Each breath sustains life; each bite gives energy; each sip offers refreshment. I miss beautiful faces at home, and I am falling in love with more and more beautiful faces here each day. Raindrops create a calming lullaby, chilled winds cleanse my eyes, and leaves age with glorious colors. I am working for what I believe; I live to give money that has been given to me to people who have none to spare; I get to teach students to write, to read, to think about existence, and to see the beauty I see. I cannot recount all the events of the past month, but I can convey the unity of moments that stick in my mind. A breathless verbal spar during a Frisbee game, a hug after sharing in the power of prayer, pitiful attempts to learn Ukrainian words over an enormous pile of dishes, voices harmonized together in song, hearing the passion in a student’s voice discussing C.S. Lewis’ fantastical glimpses of heaven, and so many more.
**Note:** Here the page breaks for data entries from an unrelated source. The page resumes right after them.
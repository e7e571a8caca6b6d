-- ===== src/Inbox.antt =====
-- internal/inbox/inbox.go: the fan-out of events to subscribers. A channel is its buffer of at most 64
-- events; what a subscriber takes out is `take_event`, a receive from the channel.
pub mod Delivery
mod Examples
use mrmi_gateway.Prelude.{
  ℕ, ◌+◌, ◌%◌, ◌^◌, ltb, nat_eq, ℤ, String, Bool, Option, none, some, List, [], ◌∷◌, ◌++◌,
  if◌then◌else◌, length,
}

pub record Event : Type 0 where
  pub idempotency_key : String
  pub sender_region : String
  pub recipient_region : String
  pub trust_tier : ℕ
  pub payload : List ℕ
  pub timestamp : ℤ

-- The subscribers' buffers by their identifiers (uint64), and the next identifier.
pub record Inbox : Type 0 where
  pub subs : List (ℕ × List Event)
  pub next : ℕ

-- subBufSize
abbrev pub sub_buf_size : ℕ
sub_buf_size = 64

abbrev pub new : Inbox
new = record { subs = []; next = 0 }

-- in.subs[id]
unfoldable pub buffer : ℕ → List (ℕ × List Event) → Option (List Event)
buffer id [] = none
buffer id ((k, b) ∷ subs) = let rest = buffer id subs in if nat_eq k id then some b else rest

-- in.subs[id] = b
unfoldable pub set_buffer : ℕ → List Event → List (ℕ × List Event) → List (ℕ × List Event)
set_buffer id b [] = (id, b) ∷ []
set_buffer id b ((k, old) ∷ subs) =
    let rest = set_buffer id b subs in if nat_eq k id then (id, b) ∷ subs else (k, old) ∷ rest

-- delete(in.subs, id)
unfoldable pub drop_buffer : ℕ → List (ℕ × List Event) → List (ℕ × List Event)
drop_buffer id [] = []
drop_buffer id ((k, b) ∷ subs) =
    let rest = drop_buffer id subs in if nat_eq k id then rest else (k, b) ∷ rest

-- Inbox.Subscribe
unfoldable pub subscribe : Inbox → ℕ × Inbox
subscribe i = (i.next, record { subs = set_buffer i.next [] i.subs; next = (i.next + 1) % 2 ^ 64 })

-- Inbox.Unsubscribe
unfoldable pub unsubscribe : ℕ → Inbox → Inbox
unsubscribe id i = record i { subs = drop_buffer id i.subs }

-- A send that does not block: a full buffer skips the event.
unfoldable pub offer : Event → List Event → List Event
offer e b = if ltb (length b) sub_buf_size then b ++ e ∷ [] else b

unfoldable pub offer_all : Event → List (ℕ × List Event) → List (ℕ × List Event)
unfolding offer
offer_all e [] = []
offer_all e ((k, b) ∷ subs) = (k, offer e b) ∷ offer_all e subs

-- Inbox.Publish
unfoldable pub publish : Event → Inbox → Inbox
unfolding offer_all
publish e i = record i { subs = offer_all e i.subs }

rest_of : List Event → List Event
rest_of [] = []
rest_of (_ ∷ b) = b

first_of : List Event → Option Event
first_of [] = none
first_of (e ∷ _) = some e

taken : ℕ → Inbox → Option (List Event) → Option Event × Inbox
unfolding first_of rest_of
taken id i none = (none, i)
taken id i (some b) = (first_of b, record i { subs = set_buffer id (rest_of b) i.subs })

-- ev := <-ch, if there is an event
unfoldable pub take_event : ℕ → Inbox → Option Event × Inbox
unfolding taken
take_event id i = taken id i (buffer id i.subs)
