-- ===== src/App.antt =====
-- internal/app/app.go: the parts of the wiring that act: the link to a peer, the background loops over
-- the transit cache and the registry of peers, and what is called on an allowed envelope.
pub mod Link
pub mod Background
pub mod Gossip
pub mod Reload
mod Examples
use mrmi_gateway.Prelude.{ltb_ℤ, ℤ, pos, if◌then◌else◌}
use mrmi_gateway.Config.{Config, seconds}
use mrmi_gateway.Envelope.{Envelope}
use mrmi_gateway.Inbox
use mrmi_gateway.Inbox.{Event, Inbox}

-- shutdownTimeout
unfoldable pub shutdown_timeout : Config → ℤ
shutdown_timeout cfg =
    if ltb_ℤ (pos 0) cfg.network.shutdown_timeout then cfg.network.shutdown_timeout else seconds 5

abbrev pub event_of : Envelope → Event
event_of env = record {
  idempotency_key = env.idempotency_key;
  sender_region = env.sender_region;
  recipient_region = env.recipient_region;
  trust_tier = env.trust_tier;
  payload = env.payload;
  timestamp = env.timestamp;
}

-- The callback of the gateway for an allowed envelope, without the counter.
unfoldable pub on_allow : Envelope → Inbox → Inbox
on_allow env i = Inbox.publish (event_of env) i
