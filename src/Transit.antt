-- ===== src/Transit.antt =====
-- internal/transit/cache.go: the bounded in-memory relay buffer. `now` is the instant that
-- time.Now() returns in the call; the order of the map is that in which `range` visits it.
pub mod Laws
mod Examples
use mrmi_gateway.Prelude.{
  ℕ, ℤ, pos, ◌+ℤ◌, ltb_ℤ, leb_ℤ, leb, String, Bool, true, false, not, ◌||◌, List, [], ◌∷◌, ◌==◌,
  if◌then◌else◌, length,
}
use mrmi_gateway.Prelude.Map
use mrmi_gateway.Prelude.Map.{Map}
use mrmi_gateway.Config.{seconds}
use mrmi_gateway.Envelope.{Envelope}

abbrev pub max_entries : ℕ
max_entries = 1000

abbrev pub max_ttl : ℤ
max_ttl = seconds 60

pub record Entry : Type 0 where
  pub env : Envelope
  pub peer_addr : String
  pub expires : ℤ

pub record Cache : Type 0 where
  pub entries : Map Entry
  pub ttl : ℤ

cap_ttl : ℤ → ℤ
cap_ttl ttl = if ltb_ℤ max_ttl ttl then max_ttl else ttl

-- transit.New
unfoldable pub new : ℤ → Cache
unfolding cap_ttl
new ttl = record { entries = []; ttl = cap_ttl (if leb_ℤ ttl (pos 0) then seconds 30 else ttl) }

-- The loop of `evictOldest`: the key and the expiry chosen so far. An empty key counts as none.
unfoldable pub oldest : Map Entry → String → ℤ → String
oldest [] key exp = key
oldest ((k, e) ∷ rest) key exp =
    let better = key == "" || ltb_ℤ e.expires exp in
    oldest rest (if better then k else key) (if better then e.expires else exp)

-- The zero time.Time that the loop begins with. It is never compared: the first entry is taken
-- whatever its expiry, since no key is chosen yet.
abbrev pub zero_time : ℤ
zero_time = pos 0

-- Cache.evictOldest
unfoldable pub evict_oldest : Map Entry → Map Entry
evict_oldest m = Map.delete (oldest m "" zero_time) m

-- Cache.Put
unfoldable pub put : Envelope → String → ℤ → Cache → Cache
put env peer_addr now c =
    let room = if leb max_entries (length c.entries) then evict_oldest c.entries else c.entries in
    record c {
      entries =
          Map.insert env.idempotency_key
            (record { env = env; peer_addr = peer_addr; expires = now +ℤ c.ttl }) room;
    }

-- Cache.Pending
unfoldable pub pending : ℤ → Map Entry → List Entry
pending now [] = []
pending now ((_, e) ∷ m) =
    let rest = pending now m in if not (ltb_ℤ e.expires now) then e ∷ rest else rest

-- What `Drain` returns.
unfoldable pub expired : ℤ → Map Entry → List Entry
expired now [] = []
expired now ((_, e) ∷ m) =
    let rest = expired now m in if ltb_ℤ e.expires now then e ∷ rest else rest

-- Cache.Drain
unfoldable pub drain : ℤ → Cache → List Entry × Cache
drain now c = (
  expired now c.entries,
  record c { entries = Map.retain (λ _ e. not (ltb_ℤ e.expires now)) c.entries },
)

-- Cache.Delete
unfoldable pub delete : String → Cache → Cache
delete key c = record c { entries = Map.delete key c.entries }

-- Cache.Len
unfoldable pub len : Cache → ℕ
len c = length c.entries
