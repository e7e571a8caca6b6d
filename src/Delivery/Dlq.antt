-- ===== src/Delivery/Dlq.antt =====
-- internal/delivery/dlq.go: the dead-letter queue.
pub mod Laws
use mrmi_gateway.Prelude.{
  ℕ, suc, ℤ, pos, String, Bool, Option, none, List, [], ◌∷◌, ◌++◌, ltb_ℤ, leb_ℤ, ◌||◌,
  if◌then◌else◌, length, take, drop,
}
use mrmi_gateway.Prelude.Int.{pos_part, eqb_ℤ}
use mrmi_gateway.Envelope.{Envelope}

-- The error of the last attempt is a text, empty for nil.
pub record Entry : Type 0 where
  pub envelope : Envelope
  pub peer_addr : String
  pub attempts : ℕ
  pub last_err : String
  pub first_seen_unix : ℤ
  pub last_attempt_unix : ℤ
  pub reason : String
  pub next_open_unix : ℤ

-- An entry with every other field zero.
unfoldable pub entry_for : Envelope → String → Entry
entry_for env addr = record {
  envelope = env;
  peer_addr = addr;
  attempts = 0;
  last_err = "";
  first_seen_unix = pos 0;
  last_attempt_unix = pos 0;
  reason = "";
  next_open_unix = pos 0;
}

-- DLQ.Append; `now` is time.Now().Unix()
unfoldable pub append : Entry → ℤ → List Entry → List Entry
append e now entries =
    entries
    ++ (if eqb_ℤ e.first_seen_unix (pos 0) then record e { first_seen_unix = now } else e) ∷ []

-- DLQ.Remove
unfoldable pub remove : ℤ → List Entry → List Entry
remove index entries =
    if ltb_ℤ index (pos 0) || leb_ℤ (pos (length entries)) index
    then entries
    else take (pos_part index) entries ++ drop (suc (pos_part index)) entries

-- DLQ.Size
unfoldable pub size : List Entry → ℕ
size entries = length entries
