-- ===== src/Leases/Scan.antt =====
-- components/host/darwin/misc/uuid2ip/uuid2ip.go: which lease is found.
use corectl.Base.{List, [], ◌∷◌, ◌++◌, Text, ◌≡◌, ◌≢◌, refl, ◌∙◌, ap, All, split, ok, err}
use corectl.Daemon.{other}
use corectl.Leases.{Line, leases, names_mac, says_nothing, read_line, read_lines, scan, guest_ip}

-- The address that the last of the lines that lease one has.
abbrev pub last_ip : List Line → Text → Text
last_ip [] last = last
last_ip (leases ip ∷ ls) last = last_ip ls ip
last_ip (names_mac ∷ ls) last = last_ip ls last
last_ip (says_nothing ∷ ls) last = last_ip ls last

scan_to :
    (last : Text) (before after : List Line)
    → All (λ x. x ≢ names_mac) before
    → scan (before ++ names_mac ∷ after) last ≡ ok (last_ip before last)
unfolding scan
scan_to last [] after h = refl
scan_to last (leases ip ∷ ls) after h = scan_to ip ls after h.1
scan_to last (names_mac ∷ ls) after h = absurd (h.0 refl)
scan_to last (says_nothing ∷ ls) after h = scan_to last ls after h.1

scan_none : (last : Text) (ls : List Line) → All (λ x. x ≢ names_mac) ls → scan ls last ≡ err other
unfolding scan
scan_none last [] h = refl
scan_none last (leases ip ∷ ls) h = scan_none ip ls h.1
scan_none last (names_mac ∷ ls) h = absurd (h.0 refl)
scan_none last (says_nothing ∷ ls) h = scan_none last ls h.1

read_lines-append :
    (mac : Text) (ls ms : List Text)
    → read_lines mac (ls ++ ms) ≡ read_lines mac ls ++ read_lines mac ms
unfolding read_lines
read_lines-append mac [] ms = refl
read_lines-append mac (l ∷ ls) ms =
    ap (λ (x : List Line). read_line mac l ∷ x) (read_lines-append mac ls ms)

-- The address that is found is that of the last line with an address before the first line with the
-- MAC address.
pub guest_ip_lem :
    (mac all l : Text) (before after : List Text)
    → split all b'\n' ≡ before ++ l ∷ after
    → All (λ x. x ≢ names_mac) (read_lines mac before)
    → read_line mac l ≡ names_mac
    → guest_ip (ok all) mac ≡ ok (last_ip (read_lines mac before) [])
unfolding guest_ip
guest_ip_lem mac all l before after e h q =
    ap (λ (x : List Text). scan (read_lines mac x) []) e
    ∙ (ap (λ (x : List Line). scan x []) (read_lines-append mac before (l ∷ after))
        ∙ (ap (λ (x : Line). scan (read_lines mac before ++ x ∷ read_lines mac after) []) q
            ∙ scan_to [] (read_lines mac before) (read_lines mac after) h))

pub guest_ip_none :
    (mac all : Text)
    → All (λ x. x ≢ names_mac) (read_lines mac (split all b'\n'))
    → guest_ip (ok all) mac ≡ err other
unfolding guest_ip
guest_ip_none mac all h = scan_none [] _ h
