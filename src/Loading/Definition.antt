-- ===== src/Loading/Definition.antt =====
-- cmd/load.go: where the settings of a VM come from.
use corectl.Base.{
  Option, none, some, List, [], ◌∷◌, Text, codes, ◌≡◌, refl, ◌∙◌, arith, ◌=t◌, lookup,
  lookup-insert, if◌then◌else◌,
}
use corectl.Loading.{Setting, plain, Settings, set_all, plain_all, define}

-- The first of two settings that is there.
abbrev pub first : Option Setting → Option Setting → Option Setting
first none later = later
first (some v) later = some v

lookup-set_all :
    (j : Text) (l def : Settings) → lookup j (set_all l def) ≡ first (lookup j l) (lookup j def)
unfolding set_all lookup
lookup-set_all j [] def = refl
lookup-set_all j ((k, v) ∷ l) def =
    ground (arith, lookup-insert k j v (set_all l def), lookup-set_all j l def)

-- A VM has the name of its table, and any other setting from its table if it is there, else from
-- the file, and else from the defaults.
pub lookup-define :
    (defaults file : Settings) (name j : Text) (own : List (Text × Text))
    → lookup j (define defaults file name own) ≡ (
        if codes "name" =t j
        then some (plain name)
        else first (lookup j (plain_all own)) (first (lookup j file) (lookup j defaults)))
unfolding define
lookup-define defaults file name j own =
    lookup-insert (codes "name") j (plain name) (set_all (plain_all own) (set_all file defaults))
    ∙ rw (lookup-set_all j (plain_all own) (set_all file defaults), lookup-set_all j file defaults)
        refl
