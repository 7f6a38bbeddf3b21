-- ===== src/Payload/Decimal.antt =====
-- components/server/run.go: the fuel for printing a number is enough.
use corectl.Base.{
  ℕ, zero, suc, ◌+◌, ◌/◌, ◌%◌, ◌<◌, [], ◌∷◌, ◌++◌, ◌≡◌, refl, ap, arith, ltb, if◌then◌else◌,
  Bool-cases, inl, inr,
}
use corectl.Payload.{decimal_digits}

-- Any two amounts of fuel above the number give the same digits.
decimal_digits_fuel : (f g n : ℕ) → n < f → n < g → decimal_digits f n ≡ decimal_digits g n
unfolding decimal_digits
decimal_digits_fuel zero g n h k = absurd (omega arith)
decimal_digits_fuel (suc f) zero n h k = absurd (omega arith)
decimal_digits_fuel (suc f) (suc g) n h k = elim (Bool-cases (ltb n 10)) [
  | inl e ↦ rw e refl
  | inr e ↦
      let big : 9 < n = ground arith in
      let rest = decimal_digits_fuel f g (n / 10) (omega arith) (omega arith) in
      ap (λ t. (if ltb n 10 then [] else t) ++ (b'0' + n % 10) ∷ []) rest
]
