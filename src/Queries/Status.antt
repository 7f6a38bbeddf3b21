-- ===== src/Queries/Status.antt =====
-- cmd/ps.go: `query --up`.
use corectl.Base.{
  Bool, true, false, ◌||◌, none, [], ◌∷◌, Text, ◌≡◌, refl, arith, ◌=t◌, any, values, Result, ok,
  Bool-cases, inl, inr,
}
use corectl.Commands.{vm_info}
use corectl.Daemon.{Error}
use corectl.Queries.{
  Flags, Shown, one_truth, one_answer, answer_one, answer, query_command, select_and_show,
}
use corectl.Payload.{Caller}
use corectl.Registry.{Active}
use corectl.Vm.{Vm}

-- A running VM has the name or the UUID.
abbrev pub is_up : Text → Active → Bool
is_up id m = any (λ (v : Vm). v.name =t id || v.uuid =t id) (values m)

-- `--up` is the only one of the flags that ask for one thing.
pub record AsksUp (f : Flags) : Type 0 where
  pub up : f.up ≡ true
  pub ip : f.ip ≡ false
  pub tty : f.tty ≡ false
  pub online : f.online ≡ false
  pub uuid : f.uuid ≡ false
  pub log : f.log ≡ false

up_lem :
    (c : Caller) (id : Text) (f : Flags) (m : Active) (later : Result Error Shown)
    → AsksUp f
    → answer_one c f (vm_info id m) later ≡ ok (one_truth (is_up id m))
unfolding answer_one one_answer vm_info
up_lem c id f [] later h = ground (arith, h.up)
up_lem c id f ((k, v) ∷ m) later h = elim (Bool-cases (v.name =t id || v.uuid =t id)) [
  | inl e ↦ rw (e, h.ip, h.uuid, h.tty, h.log, h.online, h.up) refl
  | inr e ↦ rw e (up_lem c id f m later h)
]

-- `query --up` of a name or UUID never fails while the server answers: it prints true if a running
-- VM has it, and false if none has.
pub query_up :
    (c : Caller) (id : Text) (f : Flags) (m : Active)
    → AsksUp f
    → query_command c f none (ok m) (id ∷ []) ≡ ok (one_truth (is_up id m))
unfolding query_command answer
query_up c id f m h = up_lem c id f m (select_and_show f (id ∷ []) m) h
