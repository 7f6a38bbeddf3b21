-- ===== src/Session/Address.antt =====
-- components/host/session/session.go: the VMs' network, as `SetContext` and `Base` give it.
use Prim.Native.Nat.{bit_and}
use corectl.Base.{
  ℕ, ◌<◌, Bool, true, false, ◌&&◌, Option, none, some, [], ◌∷◌, Text, ◌≡◌, refl, ◌↔◌, arith, ◌==◌,
  if◌then◌else◌, Lacks, err, split, split-join, ltb,
}
use corectl.Daemon.{Error}
use corectl.Http.{Ip, Network, parse_ip, parse_octet, same_network, in_network, contains}
use corectl.Http.Access.{IsIp, in_network_default, parse_ip-IsIp, for_octets, for_octets_at}
use corectl.Payload.{decimal}
use corectl.Session.{
  base, mask_ip, show_ip, show_masked, set_context, trim_space, trim_left, is_blank,
}

-- Where `defaults` answers neither for the address nor for the mask, the VMs' network is
-- 192.168.64.0/24.
pub set_context_default :
    (e f : Error) (addr : Text) (guest : Ip)
    → parse_ip addr ≡ some guest
    → IsIp guest
    → (in_network (set_context (err e) (err f)) addr ≡ true)
      ↔ ((192 ≡ guest.a) × (168 ≡ guest.b) × (64 ≡ guest.c))
unfolding set_context trim_space trim_left is_blank parse_ip split
set_context_default e f addr guest p v =
    let host : Ip = record { a = 192; b = 168; c = 64; d = 1 } in
    in_network_default (set_context (err e) (err f)) addr host guest refl refl p
      (record {
        a_fits = omega arith;
        b_fits = omega arith;
        c_fits = omega arith;
        d_fits = omega arith;
      })
      v

lacks_dot : Text → Bool
lacks_dot [] = true
lacks_dot (c ∷ s) = if c == b'.' then false else lacks_dot s

lacks_dot-Lacks : (s : Text) → lacks_dot s ≡ true → Lacks b'.' s
unfolding lacks_dot
lacks_dot-Lacks [] e = tt
lacks_dot-Lacks (c ∷ s) e = (ground arith, lacks_dot-Lacks s (ground arith))

same_option : Option ℕ → ℕ → Bool
same_option none n = false
same_option (some m) n = m == n

same_option_lem : (o : Option ℕ) (n : ℕ) → same_option o n ≡ true → o ≡ some n
unfolding same_option
same_option_lem none n e = cc
same_option_lem (some m) n e = ground arith

-- Printed octets are read back, and have no dot.
reads_back : ℕ → Bool
reads_back o = same_option (parse_octet (decimal o)) o && lacks_dot (decimal o)

all_read_back : for_octets reads_back 256 ≡ true
unfolding for_octets reads_back same_option parse_octet decimal lacks_dot
all_read_back = refl

octet_lem : (o : ℕ) → o < 256 → (parse_octet (decimal o) ≡ some o) × Lacks b'.' (decimal o)
unfolding reads_back
octet_lem o l =
    let t = for_octets_at reads_back 256 o l all_read_back in
    (same_option_lem _ o (ground arith), lacks_dot-Lacks _ (ground arith))

-- A printed address is read back.
pub parse_ip-show_ip : (x : Ip) → IsIp x → parse_ip (show_ip x) ≡ some x
unfolding parse_ip show_ip
parse_ip-show_ip x v =
    let (a, al) = octet_lem x.a v.a_fits in
    let (b, bl) = octet_lem x.b v.b_fits in
    let (c, cl) = octet_lem x.c v.c_fits in
    let (d, dl) = octet_lem x.d v.d_fits in
    rw
      (
        split-join (decimal x.a) (decimal x.b ∷ decimal x.c ∷ decimal x.d ∷ []) b'.'
            (al, (bl, (cl, (dl, tt)))),
        a,
        b,
        c,
        d,
      )
      refl

-- Masking twice is masking once, and stays an octet.
masks_once : ℕ → ℕ → Bool
masks_once m x = (bit_and (bit_and x m) m == bit_and x m) && ltb (bit_and x m) 256

masks_all : ℕ → Bool
masks_all m = for_octets (masks_once m) 256

all_masks : for_octets masks_all 256 ≡ true
unfolding for_octets masks_all masks_once
all_masks = refl

mask_lem :
    (m x : ℕ) → m < 256 → x < 256 → (bit_and (bit_and x m) m ≡ bit_and x m) × (bit_and x m < 256)
unfolding masks_all masks_once
mask_lem m x l k =
    let t = for_octets_at (masks_once m) 256 x k (for_octets_at masks_all 256 m l all_masks) in
    ground arith

mask_ip-IsIp : (x m : Ip) → IsIp x → IsIp m → IsIp (mask_ip x m)
unfolding mask_ip
mask_ip-IsIp x m v w = record {
  a_fits = (mask_lem m.a x.a w.a_fits v.a_fits).1;
  b_fits = (mask_lem m.b x.b w.b_fits v.b_fits).1;
  c_fits = (mask_lem m.c x.c w.c_fits v.c_fits).1;
  d_fits = (mask_lem m.d x.d w.d_fits v.d_fits).1;
}

same_network-mask_ip : (x m : Ip) → IsIp x → IsIp m → same_network m x (mask_ip x m) ≡ true
unfolding same_network mask_ip
same_network-mask_ip x m v w = ground (
  arith,
  (mask_lem m.a x.a w.a_fits v.a_fits).0,
  (mask_lem m.b x.b w.b_fits v.b_fits).0,
  (mask_lem m.c x.c w.c_fits v.c_fits).0,
  (mask_lem m.d x.d w.d_fits v.d_fits).0,
)

-- `Base` prints the host's address with the bits outside the mask cleared: the print reads back as
-- that address, and the address is one of the VMs' network.
pub base_lem :
    (n : Network) (x m : Ip)
    → parse_ip n.address ≡ some x
    → parse_ip n.mask ≡ some m
    → (parse_ip (base n) ≡ some (mask_ip x m)) × (in_network n (base n) ≡ true)
unfolding base show_masked in_network contains
base_lem n x m p q =
    let v = parse_ip-IsIp n.address x p in
    let w = parse_ip-IsIp n.mask m q in
    let r = parse_ip-show_ip (mask_ip x m) (mask_ip-IsIp x m v w) in
    rw (p, q, r) (refl, same_network-mask_ip x m v w)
My camera batteries constantly remain empty because I am irrepressibly compelled to attempt to capture these moments in photographs, no matter how lacking they may be. This past month has convicted me that Valya’s prayer for her friend should be each person’s personal prayer. We live in a beautiful world, but we seldom open ourselves to see it, hear it, smell it, feel it, or taste it. Once it consumes us, once we feast on its delights, it becomes us, and we cannot imagine life without it. Here in Kyiv, I live in a beautiful world, and I desperately want to share it.